▸ TASK OBJECTIVE
State how many lines in the entries below hold the word "first", with nothing besides the number.

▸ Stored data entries
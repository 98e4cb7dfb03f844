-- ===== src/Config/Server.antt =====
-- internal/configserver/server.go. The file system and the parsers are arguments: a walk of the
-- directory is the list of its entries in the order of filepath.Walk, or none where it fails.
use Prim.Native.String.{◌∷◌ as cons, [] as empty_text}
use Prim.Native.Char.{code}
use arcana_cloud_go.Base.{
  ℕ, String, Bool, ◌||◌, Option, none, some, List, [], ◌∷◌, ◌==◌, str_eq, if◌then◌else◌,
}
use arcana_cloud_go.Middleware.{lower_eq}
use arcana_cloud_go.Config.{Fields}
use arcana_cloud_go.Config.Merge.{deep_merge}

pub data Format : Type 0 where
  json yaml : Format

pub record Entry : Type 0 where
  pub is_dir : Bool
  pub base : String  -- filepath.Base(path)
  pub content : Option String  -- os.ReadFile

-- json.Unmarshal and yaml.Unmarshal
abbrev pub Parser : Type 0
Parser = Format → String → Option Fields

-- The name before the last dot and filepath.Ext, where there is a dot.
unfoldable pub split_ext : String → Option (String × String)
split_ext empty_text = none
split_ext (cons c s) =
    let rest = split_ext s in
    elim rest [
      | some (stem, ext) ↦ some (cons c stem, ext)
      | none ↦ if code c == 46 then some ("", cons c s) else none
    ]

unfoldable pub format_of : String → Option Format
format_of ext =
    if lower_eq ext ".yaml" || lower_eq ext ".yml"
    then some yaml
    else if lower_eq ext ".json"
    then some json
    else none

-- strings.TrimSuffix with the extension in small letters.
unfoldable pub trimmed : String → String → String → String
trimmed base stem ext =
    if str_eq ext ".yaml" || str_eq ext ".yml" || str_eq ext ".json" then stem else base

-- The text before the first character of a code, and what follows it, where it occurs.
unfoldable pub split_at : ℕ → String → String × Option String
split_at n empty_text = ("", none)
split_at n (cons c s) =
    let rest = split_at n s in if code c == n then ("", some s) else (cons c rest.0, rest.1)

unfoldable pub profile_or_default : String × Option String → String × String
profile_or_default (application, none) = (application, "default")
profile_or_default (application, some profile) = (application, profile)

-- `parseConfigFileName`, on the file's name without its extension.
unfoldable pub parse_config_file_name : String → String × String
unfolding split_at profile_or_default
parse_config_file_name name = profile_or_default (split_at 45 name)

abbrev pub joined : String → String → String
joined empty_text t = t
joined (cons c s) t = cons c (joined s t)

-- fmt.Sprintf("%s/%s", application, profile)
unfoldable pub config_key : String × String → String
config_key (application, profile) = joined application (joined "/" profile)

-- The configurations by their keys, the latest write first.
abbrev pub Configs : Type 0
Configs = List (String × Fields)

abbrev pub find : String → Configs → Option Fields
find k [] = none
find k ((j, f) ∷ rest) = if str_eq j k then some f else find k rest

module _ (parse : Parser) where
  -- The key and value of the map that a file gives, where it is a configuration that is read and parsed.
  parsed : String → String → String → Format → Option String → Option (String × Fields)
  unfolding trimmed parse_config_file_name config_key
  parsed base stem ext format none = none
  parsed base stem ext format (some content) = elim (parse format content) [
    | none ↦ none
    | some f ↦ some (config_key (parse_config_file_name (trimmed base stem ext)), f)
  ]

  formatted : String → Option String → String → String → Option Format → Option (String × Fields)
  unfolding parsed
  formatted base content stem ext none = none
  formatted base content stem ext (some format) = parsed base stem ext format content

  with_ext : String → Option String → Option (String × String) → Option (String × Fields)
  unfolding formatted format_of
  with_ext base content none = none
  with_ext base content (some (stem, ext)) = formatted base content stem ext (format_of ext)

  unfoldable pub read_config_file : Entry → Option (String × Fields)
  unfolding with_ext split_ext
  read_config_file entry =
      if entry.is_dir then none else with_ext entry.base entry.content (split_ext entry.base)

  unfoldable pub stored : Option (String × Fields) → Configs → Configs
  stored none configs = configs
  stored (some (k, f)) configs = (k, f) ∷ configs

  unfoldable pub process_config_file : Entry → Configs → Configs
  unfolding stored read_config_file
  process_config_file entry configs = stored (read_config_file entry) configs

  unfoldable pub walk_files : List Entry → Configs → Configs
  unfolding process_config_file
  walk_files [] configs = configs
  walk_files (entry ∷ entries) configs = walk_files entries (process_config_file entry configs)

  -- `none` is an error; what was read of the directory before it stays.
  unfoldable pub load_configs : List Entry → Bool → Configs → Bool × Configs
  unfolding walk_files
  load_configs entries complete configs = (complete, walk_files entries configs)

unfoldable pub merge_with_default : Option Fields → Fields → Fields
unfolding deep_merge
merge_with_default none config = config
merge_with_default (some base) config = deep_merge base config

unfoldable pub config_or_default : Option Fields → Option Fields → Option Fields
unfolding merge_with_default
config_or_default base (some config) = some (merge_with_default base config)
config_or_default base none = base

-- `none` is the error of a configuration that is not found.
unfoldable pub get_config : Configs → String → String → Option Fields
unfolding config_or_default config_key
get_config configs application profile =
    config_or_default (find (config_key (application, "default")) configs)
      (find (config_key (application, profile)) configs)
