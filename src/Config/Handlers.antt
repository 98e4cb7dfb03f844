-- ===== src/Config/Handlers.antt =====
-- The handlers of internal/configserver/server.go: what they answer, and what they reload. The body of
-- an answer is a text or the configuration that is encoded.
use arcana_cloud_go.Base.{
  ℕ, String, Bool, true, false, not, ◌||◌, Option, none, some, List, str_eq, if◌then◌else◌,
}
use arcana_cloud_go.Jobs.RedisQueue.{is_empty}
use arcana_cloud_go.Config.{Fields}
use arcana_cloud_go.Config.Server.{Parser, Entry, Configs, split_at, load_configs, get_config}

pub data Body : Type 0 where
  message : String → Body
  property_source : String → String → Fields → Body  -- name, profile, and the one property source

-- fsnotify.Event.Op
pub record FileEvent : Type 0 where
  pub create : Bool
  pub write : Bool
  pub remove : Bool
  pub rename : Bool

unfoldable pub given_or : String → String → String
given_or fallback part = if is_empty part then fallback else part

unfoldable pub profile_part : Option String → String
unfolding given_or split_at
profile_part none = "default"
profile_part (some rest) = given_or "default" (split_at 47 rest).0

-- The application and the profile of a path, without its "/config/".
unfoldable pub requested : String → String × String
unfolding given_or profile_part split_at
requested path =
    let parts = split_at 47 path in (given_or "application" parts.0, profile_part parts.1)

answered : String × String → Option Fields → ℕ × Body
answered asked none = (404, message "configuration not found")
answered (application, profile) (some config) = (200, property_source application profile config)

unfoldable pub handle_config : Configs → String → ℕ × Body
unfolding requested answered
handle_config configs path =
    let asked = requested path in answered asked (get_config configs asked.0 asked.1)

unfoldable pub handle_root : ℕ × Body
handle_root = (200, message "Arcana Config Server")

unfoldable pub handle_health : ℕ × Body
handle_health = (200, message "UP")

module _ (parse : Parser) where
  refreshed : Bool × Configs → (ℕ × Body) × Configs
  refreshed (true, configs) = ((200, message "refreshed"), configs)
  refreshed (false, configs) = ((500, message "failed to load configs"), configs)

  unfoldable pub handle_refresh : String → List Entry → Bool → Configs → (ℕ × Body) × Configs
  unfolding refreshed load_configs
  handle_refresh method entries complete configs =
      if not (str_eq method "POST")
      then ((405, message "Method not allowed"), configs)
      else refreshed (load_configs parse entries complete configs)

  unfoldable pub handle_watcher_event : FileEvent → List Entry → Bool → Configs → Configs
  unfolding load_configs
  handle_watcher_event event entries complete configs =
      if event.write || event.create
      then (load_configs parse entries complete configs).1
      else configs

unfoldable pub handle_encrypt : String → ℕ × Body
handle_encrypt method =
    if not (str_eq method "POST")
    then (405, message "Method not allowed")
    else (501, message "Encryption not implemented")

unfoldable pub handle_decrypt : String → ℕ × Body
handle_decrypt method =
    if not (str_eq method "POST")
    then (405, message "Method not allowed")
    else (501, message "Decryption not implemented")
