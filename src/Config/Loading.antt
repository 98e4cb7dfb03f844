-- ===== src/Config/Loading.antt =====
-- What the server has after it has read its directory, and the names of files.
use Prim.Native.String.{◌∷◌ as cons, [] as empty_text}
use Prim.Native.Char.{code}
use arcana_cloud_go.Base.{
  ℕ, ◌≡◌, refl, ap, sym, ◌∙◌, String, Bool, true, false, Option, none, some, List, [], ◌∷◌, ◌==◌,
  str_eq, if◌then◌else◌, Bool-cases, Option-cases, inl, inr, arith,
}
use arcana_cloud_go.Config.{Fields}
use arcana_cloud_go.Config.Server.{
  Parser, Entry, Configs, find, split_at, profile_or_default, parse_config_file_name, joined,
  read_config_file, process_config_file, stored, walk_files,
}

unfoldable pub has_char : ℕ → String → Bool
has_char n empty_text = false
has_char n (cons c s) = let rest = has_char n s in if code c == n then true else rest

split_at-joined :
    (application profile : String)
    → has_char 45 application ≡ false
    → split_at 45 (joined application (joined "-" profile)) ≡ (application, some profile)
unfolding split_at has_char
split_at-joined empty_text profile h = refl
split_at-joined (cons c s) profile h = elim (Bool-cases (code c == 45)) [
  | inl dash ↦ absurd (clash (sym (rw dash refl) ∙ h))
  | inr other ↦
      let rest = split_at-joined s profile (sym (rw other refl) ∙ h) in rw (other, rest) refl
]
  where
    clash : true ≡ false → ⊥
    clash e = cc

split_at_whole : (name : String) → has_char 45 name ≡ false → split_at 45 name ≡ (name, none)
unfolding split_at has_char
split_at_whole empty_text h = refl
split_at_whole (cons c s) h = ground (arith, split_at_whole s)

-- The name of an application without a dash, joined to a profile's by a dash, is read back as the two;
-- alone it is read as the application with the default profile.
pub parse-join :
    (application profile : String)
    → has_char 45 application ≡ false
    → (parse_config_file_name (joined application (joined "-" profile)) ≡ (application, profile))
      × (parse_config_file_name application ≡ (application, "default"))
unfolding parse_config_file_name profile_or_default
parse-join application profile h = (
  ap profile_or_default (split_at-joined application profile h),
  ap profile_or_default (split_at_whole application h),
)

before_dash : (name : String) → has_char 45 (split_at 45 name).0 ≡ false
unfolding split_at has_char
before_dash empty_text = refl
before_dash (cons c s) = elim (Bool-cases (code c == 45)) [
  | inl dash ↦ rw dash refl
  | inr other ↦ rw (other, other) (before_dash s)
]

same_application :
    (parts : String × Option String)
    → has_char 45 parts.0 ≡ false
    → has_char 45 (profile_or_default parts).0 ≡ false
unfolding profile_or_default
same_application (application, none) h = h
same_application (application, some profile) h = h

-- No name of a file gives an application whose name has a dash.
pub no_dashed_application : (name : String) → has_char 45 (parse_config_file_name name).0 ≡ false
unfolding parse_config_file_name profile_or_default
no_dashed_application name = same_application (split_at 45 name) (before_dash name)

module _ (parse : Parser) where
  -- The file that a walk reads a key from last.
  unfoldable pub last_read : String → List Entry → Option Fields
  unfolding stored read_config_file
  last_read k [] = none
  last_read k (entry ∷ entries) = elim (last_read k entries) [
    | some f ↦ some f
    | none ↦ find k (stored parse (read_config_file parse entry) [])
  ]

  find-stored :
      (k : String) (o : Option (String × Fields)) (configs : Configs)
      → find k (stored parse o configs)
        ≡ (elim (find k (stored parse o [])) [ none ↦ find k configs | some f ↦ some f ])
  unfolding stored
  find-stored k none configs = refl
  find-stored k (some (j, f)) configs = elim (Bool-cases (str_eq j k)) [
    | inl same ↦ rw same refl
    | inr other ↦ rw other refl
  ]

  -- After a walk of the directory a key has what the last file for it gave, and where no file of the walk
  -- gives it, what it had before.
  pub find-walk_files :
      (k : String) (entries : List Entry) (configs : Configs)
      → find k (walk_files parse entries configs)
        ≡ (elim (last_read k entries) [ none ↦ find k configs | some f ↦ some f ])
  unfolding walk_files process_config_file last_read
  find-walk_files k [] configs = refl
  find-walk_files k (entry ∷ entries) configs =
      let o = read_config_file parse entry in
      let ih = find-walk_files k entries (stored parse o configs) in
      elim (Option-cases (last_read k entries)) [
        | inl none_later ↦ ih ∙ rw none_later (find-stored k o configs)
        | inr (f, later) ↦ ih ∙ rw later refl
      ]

▸ RESPONSE BOX
2